Cuando le anunciaron la muerte, Beny Moré quiso alargar la vida.
Su anhelo era improbable y él, de cuyas hazañas como tarambana sabían en todas las madrigueras de ron y encajes de América, era el primero en reconocerlo.
Como no podía beber, se consolaba frotándose las manos con ron y aspirando aquel aroma de borrachera. También era incapaz de fumar marihuana: le ahogaba una quemazón de agua hirviente en los pulmones.
Tenía 44 años y estaba a punto de morir.
Tocaba la guitarra y susurraba a sus hijos las canciones que había cantado en San Sebastián de Las Lajas cuando era un niño y le contrataban para dar serenatas.
— Tuve demasiado para saber cómo administrarlo, decía.
Con los pocos dineros sobrantes de su reinado, había comprado la pequeña casa en el suburbio de La Habana: una construcción de planta baja con herrajes pintados de rosa en las ventanas, una huerta con plataneros en la trasera y un salón esquinado en el que destacaba, como un altar ceremonial, el mueble bar forrado de plástico oscuro.
Encontramos el lugar preguntando mucho, tras perdernos en las espirales de La Víbora y El Cerro, esos barrios con nombre de bolero donde las calles parecen invitarte a la inmovilidad.
Después de mucho camino, en una capilla pentecostalista una anciana negra, fumando un purito liado a mano, dijo saber la ubicación de “la casa de Bartolo” y se ofreció a acompañarnos.
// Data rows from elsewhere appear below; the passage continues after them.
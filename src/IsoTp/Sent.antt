-- ===== src/IsoTp/Sent.antt =====
-- A message that the sender of src/isotp.c sends whole.
use vecu_uds.Base.{
  ap, ◌∙◌, ◌+◌, u64, ◌⊎◌, ◌≤◌, length, ◌<◌, List, Bool, ℕ, ◌≡◌, true, some, inl, inr,
}
use vecu_uds.IsoTp.Send.{isotp_send, sent}
use vecu_uds.IsoTp.Frame.{n_cr_ms, max_payload, Addr, Event}
use vecu_uds.IsoTp.Clearance.{wait-Cleared, Cleared}
use vecu_uds.IsoTp.Layout.{frames_of-layout, layout}
use vecu_uds.IsoTp.Segments.{isotp_send_lem}

-- A message of 1 to 4095 bytes is sent whole, in the frames that ISO 15765-2 lays out, counted out
-- from the front of the message, if no write fails and, for more than seven bytes, the bus brings
-- the peer's flow control with the status CTS, and before it only interruptions, frames for someone
-- else that come before the deadline, and the peer's flow control with the status WAIT.
pub isotp_send-layout :
    (writes : ℕ → Bool) (start : ℕ) (events : List Event) (addr : Addr) (bytes : List ℕ)
    → ((n : ℕ) → writes n ≡ true)
    → 0 < length bytes
    → length bytes ≤ max_payload
    → (length bytes ≤ 7) ⊎ Cleared addr.rx_id (u64 (start + n_cr_ms)) events
    → isotp_send writes start events addr bytes ≡ some (sent (layout addr.tx_id bytes))
isotp_send-layout writes start events addr bytes w some_bytes fits clear =
    isotp_send_lem writes start events addr bytes w some_bytes fits (elim clear [
      | inl short ↦ inl short
      | inr cleared ↦ inr (wait-Cleared addr.rx_id (u64 (start + n_cr_ms)) events cleared)
    ])
    ∙ ap (λ fs. some (sent fs)) (frames_of-layout addr.tx_id bytes fits)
Nos recibieron dos de sus hijos pero ya no recuerdo sus nombres: aquellos meses cubanos se han transformado en un sueño de opio: el hombre tenía el mismo porte desenvuelto del padre, la mujer miraba callada y con ojos de color Caribe.
Se extrañaron de la visita, no entendían el motivo
— Papá cantaba, como hacían tantos otros.
Todavía Europa no había descubierto, gracias al californiano Ry Cooder, los tesoros musicales de Cuba y Beny Moré sólo era un apunte en algunos libros, una canción en banales colecciones de merengues.
Los hijos del Bárbaro del Ritmo tampoco sabían de los capítulos dedicados a Beny en Tres tristes tigres, la novela de Cabrera Infante prohibida por el castrismo de la cual yo había llevado un ejemplar, con la única intención de que me sirviese de guía para rebuscar entre las ruinas.
En La Habana soplaba un viento casi huracanado, la tarde era sombría.
Nos mostraron fotos: Beny con mujeres, Beny con sombrero alón, Beny con Pérez Prado, Beny en Nueva York con Dizzy Gillespie, Beny tocando la guitarra, Beny con el Trío Matamoros, Beny con más mujeres, Beny enterrado en La Habana, en febrero de 1963, en medio de un gentío…
Beny, un gallo de muchos corrales.
En la parcelita del patio bebimos cerveza mientras comenzaba un chaparrón.
— Mi papá tenía una cochinita a la que llamaba Celia Cruz; un día, con los amigos, decidieron hacer un asado y se comieron a la pobre Celia Cruz.
Salí a la calle mientras los demás grababan en vídeo las fotos para el documental.
Los niños jugaban, como en el resto del mundo.